### DATA UNDER STUDY
==============================
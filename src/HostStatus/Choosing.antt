-- ===== src/HostStatus/Choosing.antt =====
-- What `offer_choice` of dpark/hostatus.py chooses: the parts that the hosts fall in depend on the
-- failures alone, and a host is taken from the best part that is not empty.
use dpark.Common.{
  ℕ, ◌-◌, ◌*◌, ◌^◌, ◌≡◌, refl, sym, ap, ◌∙◌, Bool, true, false, ◌&&◌, ◌||◌, Option, none, some,
  List, [], ◌∷◌, length, contains, lookup, ltb, ◌==◌, if◌then◌else◌, ok, key_error, or_raise,
  >>=-eq-ok, or_raise-eq-ok, ok-injective, arith, Bool-cases, inl, inr, Option-cases, map, ◌⊎◌,
}
use dpark.Common.Dicts.{put, has_key, lookup-put_same, lookup-put_other}
use dpark.Task.{TaskId, Host}
use dpark.HostStatus.{
  HostStatus, HostManager, purge_old, should_forbit, recent_succeed_rate, failed_on, last_or,
}
use dpark.HostStatus.Failures.{has_key-put}
use dpark.HostStatus.Choice.{
  Fraction, plus, at_most, Weighted, sum_from, choose_from, random_weighted_choice, Part, classify,
  Sorted, add_to, sort_hosts, choose_offer, choose_part, offer_choice,
}

-- the failures of the task keep it off the host for a time
abbrev pub is_masked : ℕ → TaskId → HostStatus → Bool
is_masked now id h = elim (lookup id h.failed_tasks) [
  | none ↦ false
  | some times ↦ ltb (now - last_or now times) (h.purge_elapsed * 2 ^ length times)
]

abbrev pub part_of : ℕ → TaskId → List Host → Host → HostStatus → Part
part_of now id blacklist host h =
    if contains blacklist host || is_masked now id h
    then Part.forbidden
    else (if failed_on id h then Part.failed else Part.ordinary)

abbrev pub is_ordinary : Part → Bool
is_ordinary Part.ordinary = true
is_ordinary _ = false

abbrev pub is_failed : Part → Bool
is_failed Part.failed = true
is_failed _ = false

-- the host is registered, and falls in a part of the kind `q`
abbrev pub has_part :
    (Part → Bool) → ℕ → TaskId → List Host → List (Host × HostStatus) → Host → Bool
has_part q now id blacklist d host = elim (lookup host d) [
  | none ↦ false
  | some h ↦ q (part_of now id blacklist host h)
]

abbrev pub names {ℓ} : {V : Type ℓ} → List (Host × V) → List Host
names [] = []
names ((h, v) ∷ l) = h ∷ names l

module _ (now : ℕ) (id : TaskId) (blacklist : List Host) where
  classify-part :
      (host : Host) (h : HostStatus)
      → (classify now id blacklist host h).1 ≡ part_of now id blacklist host h
  unfolding classify should_forbit recent_succeed_rate purge_old
  classify-part host h = ground arith

  classify-failed_tasks :
      (host : Host) (h : HostStatus)
      → (classify now id blacklist host h).0.failed_tasks ≡ h.failed_tasks
  unfolding classify should_forbit recent_succeed_rate purge_old
  classify-failed_tasks host h = ground arith

  classify-purge_elapsed :
      (host : Host) (h : HostStatus)
      → (classify now id blacklist host h).0.purge_elapsed ≡ h.purge_elapsed
  unfolding classify should_forbit recent_succeed_rate purge_old
  classify-purge_elapsed host h = ground arith

  part_of-cong :
      (host : Host) (h h' : HostStatus)
      → h'.failed_tasks ≡ h.failed_tasks
      → h'.purge_elapsed ≡ h.purge_elapsed
      → part_of now id blacklist host h' ≡ part_of now id blacklist host h
  part_of-cong host h h' e e' = ground arith

module _ where
  pub choose_from-contains :
      (chosen cur : Fraction) (l : Weighted) (host : Host)
      → choose_from chosen cur l ≡ ok host
      → contains (names l) host ≡ true
  unfolding choose_from
  choose_from-contains chosen cur [] host e = ground arith
  choose_from-contains chosen cur ((h, w) ∷ l) host e =
      ground (arith, choose_from-contains chosen (plus cur w) l host)

  pub choose_from-total :
      (chosen cur : Fraction) (h : Host) (w : Fraction) (l : Weighted)
      → at_most chosen (sum_from cur ((h, w) ∷ l)) ≡ true
      → (host : Host) × (choose_from chosen cur ((h, w) ∷ l) ≡ ok host)
  unfolding choose_from
  choose_from-total chosen cur h w [] e = (h, ground arith)
  choose_from-total chosen cur h w ((h', w') ∷ l) e =
      elim (Bool-cases (at_most chosen (plus cur w))) [
        | inl p ↦ (h, ground arith)
        | inr p ↦ let (x, q) = choose_from-total chosen (plus cur w) h' w' l e in (x, ground arith)
      ]

module _ (now : ℕ) (id : TaskId) (blacklist : List Host) where
  -- a host that was looked at keeps its part
  has_part-put :
      (q : Part → Bool) (d : List (Host × HostStatus)) (host : Host) (h : HostStatus)
      → lookup host d ≡ some h
      → (x : Host)
      → has_part q now id blacklist (put host (classify now id blacklist host h).0 d) x
        ≡ has_part q now id blacklist d x
  has_part-put q d host h l x = elim (Bool-cases (host == x)) [
    | inl p ↦ ground (
      arith,
      lookup-put_same host (classify now id blacklist host h).0 d,
      part_of-cong now id blacklist host h (classify now id blacklist host h).0
          (classify-failed_tasks now id blacklist host h)
          (classify-purge_elapsed now id blacklist host h),
    )
    | inr p ↦ ground (arith, lookup-put_other host x (classify now id blacklist host h).0 d p)
  ]

  -- A list of `Sorted` that takes just the hosts of one kind of part.
  pub record Takes (q : Part → Bool) (sel : Sorted → Weighted) : Type 0 where
    pub start : sel (record { ordi_hosts = []; fail_hosts = [] }) ≡ []
    pub add :
        (part : Part) (host : Host) (w : Fraction) (p : Sorted) (x : Host)
        → contains (names (sel (add_to part host w p))) x
          ≡ ((q part && (x == host)) || contains (names (sel p)) x)

  sort_step :
      {q : Part → Bool} {sel : Sorted → Weighted} (host : Host) (hosts : List Host)
      (d d' : List (Host × HostStatus)) (h : HostStatus) (part : Part) (w : Fraction)
      (p p' : Sorted) (x : Host)
      → Takes q sel
      → p ≡ add_to part host w p'
      → lookup host d ≡ some h
      → part ≡ part_of now id blacklist host h
      → contains (names (sel p')) x ≡ (contains hosts x && has_part q now id blacklist d' x)
      → has_part q now id blacklist d' x ≡ has_part q now id blacklist d x
      → contains (names (sel p)) x ≡ (contains (host ∷ hosts) x && has_part q now id blacklist d x)
  sort_step {q} {sel} host hosts d d' h part w p p' x t e l c r k =
      ap (λ y. contains (names (sel y)) x) e ∙ t.add part host w p' x ∙ ground (arith, ap q c)

  pub sort_hosts-Takes :
      {q : Part → Bool} {sel : Sorted → Weighted} (hosts : List Host)
      (d d' : List (Host × HostStatus)) (p : Sorted)
      → Takes q sel
      → sort_hosts now id blacklist hosts d ≡ ok (d', p)
      → (x : Host)
      → contains (names (sel p)) x ≡ (contains hosts x && has_part q now id blacklist d x)
  unfolding sort_hosts
  sort_hosts-Takes {sel} [] d d' p t e x =
      ap (λ y. contains (names (sel y.1)) x) (sym (ok-injective e))
      ∙ ap (λ l. contains (names l) x) t.start
  sort_hosts-Takes {q} (host ∷ hosts) d d' p t e x =
      let (h, l, e₁) = >>=-eq-ok (or_raise (lookup host d) key_error) _ e in
      let l' = or_raise-eq-ok (lookup host d) key_error l in
      let ((d'', p'), e₂, e₃) =
        >>=-eq-ok
          (sort_hosts now id blacklist hosts (put host (classify now id blacklist host h).0 d)) _
          e₁ in
      sort_step host hosts d _ h _ _ p p' x t (ap (λ y. y.1) (sym (ok-injective e₃))) l'
        (classify-part now id blacklist host h) (sort_hosts-Takes hosts _ d'' p' t e₂ x)
        (has_part-put q d host h l' x)

  ordinary-Takes : Takes is_ordinary (λ p. p.ordi_hosts)
  ordinary-Takes = record { start = refl; add = λ part host w p x. ground arith }

  failed-Takes : Takes is_failed (λ p. p.fail_hosts)
  failed-Takes = record { start = refl; add = λ part host w p x. ground arith }

  sort_hosts-total :
      (hosts : List Host) (d : List (Host × HostStatus))
      → ((x : Host) → contains hosts x ≡ true → has_key x d ≡ true)
      → (r : List (Host × HostStatus) × Sorted) × (sort_hosts now id blacklist hosts d ≡ ok r)
  unfolding sort_hosts
  sort_hosts-total [] d reg = ((d, record { ordi_hosts = []; fail_hosts = [] }), refl)
  sort_hosts-total (host ∷ hosts) d reg = elim (Option-cases (lookup host d)) [
    | inl p ↦ ground (arith, reg host)
    | inr (h, p) ↦
        let c = classify now id blacklist host h in
        let ((d', s), e) =
          sort_hosts-total hosts (put host c.0 d)
            (λ x k. has_key-put host x c.0 d ∙ ground (arith, reg x)) in
        ((d', add_to c.1 host c.2 s), ground arith)
  ]

module _ {Offer : Type 0} (uniform : Fraction → Fraction) (offers : List (Host × (ℕ × Offer))) where
  -- The offer is that of a host of the list.
  pub IsFrom : Weighted → ℕ × Offer → Type 0
  IsFrom l o = (host : Host) × (contains (names l) host ≡ true) × (lookup host offers ≡ some o)

  choose_offer-IsFrom :
      (l : Weighted) (o : ℕ × Offer) → choose_offer uniform offers l ≡ ok o → IsFrom l o
  unfolding choose_offer random_weighted_choice IsFrom
  choose_offer-IsFrom l o e =
      let (host, e₁, e₂) = >>=-eq-ok (random_weighted_choice uniform l) _ e in
      (
        host,
        choose_from-contains (uniform (sum_from (0, 1) l)) (0, 1) l host e₁,
        or_raise-eq-ok (lookup host offers) key_error e₂,
      )

-- The host of the choice takes part in the offers, is not kept off by the blacklist or a recent
-- failure, and has a failure of the task only if each host that may be taken has one.
pub IsChoice :
    {Offer : Type 0}
    → ℕ
    → TaskId
    → List (Host × (ℕ × Offer))
    → List Host
    → HostManager
    → ℕ × Offer
    → Type 0
IsChoice now id offers blacklist m o =
    (host : Host) × (lookup host offers ≡ some o)
    × ((has_part is_ordinary now id blacklist m.host_dict host ≡ true)
        ⊎ ((has_part is_failed now id blacklist m.host_dict host ≡ true)
            × ((x : Host)
                → contains (names offers) x ≡ true
                → has_part is_ordinary now id blacklist m.host_dict x ≡ false)))

module _ {Offer : Type 0} (now : ℕ) (uniform : Fraction → Fraction) (id : TaskId)
    (offers : List (Host × (ℕ × Offer))) (blacklist : List Host) (m : HostManager) where
  HoldsPart : (Part → Bool) → Weighted → Type 0
  HoldsPart q l =
      (x : Host)
      → contains (names l) x
        ≡ (contains (names offers) x && has_part q now id blacklist m.host_dict x)

  choose_part-IsChoice :
      (os fs : Weighted) (o : ℕ × Offer)
      → HoldsPart is_ordinary os
      → HoldsPart is_failed fs
      → choose_part uniform offers (record { ordi_hosts = os; fail_hosts = fs }) ≡ ok (some o)
      → IsChoice now id offers blacklist m o
  unfolding choose_part IsChoice IsFrom HoldsPart
  choose_part-IsChoice (w ∷ ws) fs o ho hf e =
      let (o', e₁, e₂) = >>=-eq-ok (choose_offer uniform offers (w ∷ ws)) _ e in
      let (host, c, l) = choose_offer-IsFrom uniform offers (w ∷ ws) o' e₁ in
      (host, l ∙ ok-injective e₂, inl (ground (arith, ho host, c)))
  choose_part-IsChoice [] (w ∷ ws) o ho hf e =
      let (o', e₁, e₂) = >>=-eq-ok (choose_offer uniform offers (w ∷ ws)) _ e in
      let (host, c, l) = choose_offer-IsFrom uniform offers (w ∷ ws) o' e₁ in
      (host, l ∙ ok-injective e₂, inr (ground (arith, hf host, c), λ x k. ground (arith, ho x)))
  choose_part-IsChoice [] [] o ho hf e = cc

  choose_part-none :
      (os fs : Weighted)
      → HoldsPart is_ordinary os
      → HoldsPart is_failed fs
      → choose_part uniform offers (record { ordi_hosts = os; fail_hosts = fs }) ≡ ok none
      → (x : Host) → contains (names offers) x ≡ true
      → (has_part is_ordinary now id blacklist m.host_dict x ≡ false)
        × (has_part is_failed now id blacklist m.host_dict x ≡ false)
  unfolding choose_part HoldsPart
  choose_part-none (w ∷ ws) fs ho hf e x k =
      let (o', e₁, e₂) = >>=-eq-ok (choose_offer uniform offers (w ∷ ws)) _ e in cc
  choose_part-none [] (w ∷ ws) ho hf e x k =
      let (o', e₁, e₂) = >>=-eq-ok (choose_offer uniform offers (w ∷ ws)) _ e in cc
  choose_part-none [] [] ho hf e x k = (ground (arith, ho x), ground (arith, hf x))

  names-lookup :
      {V : Type 0} (l : List (Host × V)) (x : Host)
      → contains (names l) x ≡ true
      → (v : V) × (lookup x l ≡ some v)
  names-lookup [] x h = cc
  names-lookup ((j, v) ∷ l) x h = elim (Bool-cases (j == x)) [
    | inl p ↦ (v, ground arith)
    | inr p ↦ let (u, e) = names-lookup l x (ground arith) in (u, ground arith)
  ]

  choose_offer-total :
      (q : Part → Bool) (w : Host × Fraction) (ws : Weighted)
      → ((t : Fraction) → at_most (uniform t) t ≡ true)
      → HoldsPart q (w ∷ ws)
      → (o : ℕ × Offer) × (choose_offer uniform offers (w ∷ ws) ≡ ok o)
  unfolding choose_offer random_weighted_choice HoldsPart
  choose_offer-total q (h, w) ws u hl =
      let t = sum_from (0, 1) ((h, w) ∷ ws) in
      let (host, e) = choose_from-total (uniform t) (0, 1) h w ws (u t) in
      let c = choose_from-contains (uniform t) (0, 1) ((h, w) ∷ ws) host e in
      let (o, l) = names-lookup offers host (ground (arith, hl host)) in (o, rw (e, l))

  choose_part-total :
      (os fs : Weighted)
      → ((t : Fraction) → at_most (uniform t) t ≡ true)
      → HoldsPart is_ordinary os
      → HoldsPart is_failed fs
      → (r : Option (ℕ × Offer)) × (choose_part uniform offers
            (record { ordi_hosts = os; fail_hosts = fs })
          ≡ ok r)
  unfolding choose_part
  choose_part-total (w ∷ ws) fs u ho hf =
      let (o, e) = choose_offer-total is_ordinary w ws u ho in (some o, rw e)
  choose_part-total [] (w ∷ ws) u ho hf =
      let (o, e) = choose_offer-total is_failed w ws u hf in (some o, rw e)
  choose_part-total [] [] u ho hf = (none, refl)

  -- The answer names a choice, or no host of the offers may be taken.
  pub IsAnswer : Option (ℕ × Offer) → Type 0
  IsAnswer (some o) = IsChoice now id offers blacklist m o
  IsAnswer none =
      (x : Host)
      → contains (names offers) x ≡ true
      → (has_part is_ordinary now id blacklist m.host_dict x ≡ false)
        × (has_part is_failed now id blacklist m.host_dict x ≡ false)

  answer :
      (os fs : Weighted) (r : Option (ℕ × Offer))
      → HoldsPart is_ordinary os
      → HoldsPart is_failed fs
      → choose_part uniform offers (record { ordi_hosts = os; fail_hosts = fs }) ≡ ok r
      → IsAnswer r
  unfolding IsAnswer
  answer os fs (some o) ho hf e = choose_part-IsChoice os fs o ho hf e
  answer os fs none ho hf e = choose_part-none os fs ho hf e

  names_lem : {V : Type 0} (l : List (Host × V)) → map (λ e. e.0) l ≡ names l
  names_lem [] = refl
  names_lem ((h, v) ∷ l) = ap (λ k. h ∷ k) (names_lem l)

  -- `offer_choice` returns if each host of the offers is registered and the draw is at most the
  -- total. What it answers is the offer of a host that is not on the blacklist or kept off by a
  -- recent failure, one without a failure of the task if there is one; or, if no host may be
  -- taken, nothing.
  pub offer_choice_lem :
      ((t : Fraction) → at_most (uniform t) t ≡ true)
      → ((x : Host) → contains (names offers) x ≡ true → has_key x m.host_dict ≡ true)
      → (r : HostManager × Option (ℕ × Offer)) × (offer_choice now uniform id offers blacklist m
          ≡ ok r)
        × IsAnswer r.1
  unfolding offer_choice HoldsPart
  offer_choice_lem u reg =
      let ((d, s), e) = sort_hosts-total now id blacklist (names offers) m.host_dict reg in
      let ho =
        sort_hosts-Takes now id blacklist (names offers) m.host_dict d s
          (ordinary-Takes now id blacklist) e in
      let hf =
        sort_hosts-Takes now id blacklist (names offers) m.host_dict d s
          (failed-Takes now id blacklist) e in
      let (r, e') = choose_part-total s.ordi_hosts s.fail_hosts u ho hf in
      (
        (record m { host_dict = d }, r),
        rw (names_lem offers, e, e'),
        answer s.ordi_hosts s.fail_hosts r ho hf e',
      )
==============================
### TASK INSTRUCTIONS
Look through the records and copy every line that has the word "What".

### TASK ANSWER
-- What `offer_choice` of dpark/hostatus.py chooses: the parts that the hosts fall in depend on the
  -- total. What it answers is the offer of a host that is not on the blacklist or kept off by a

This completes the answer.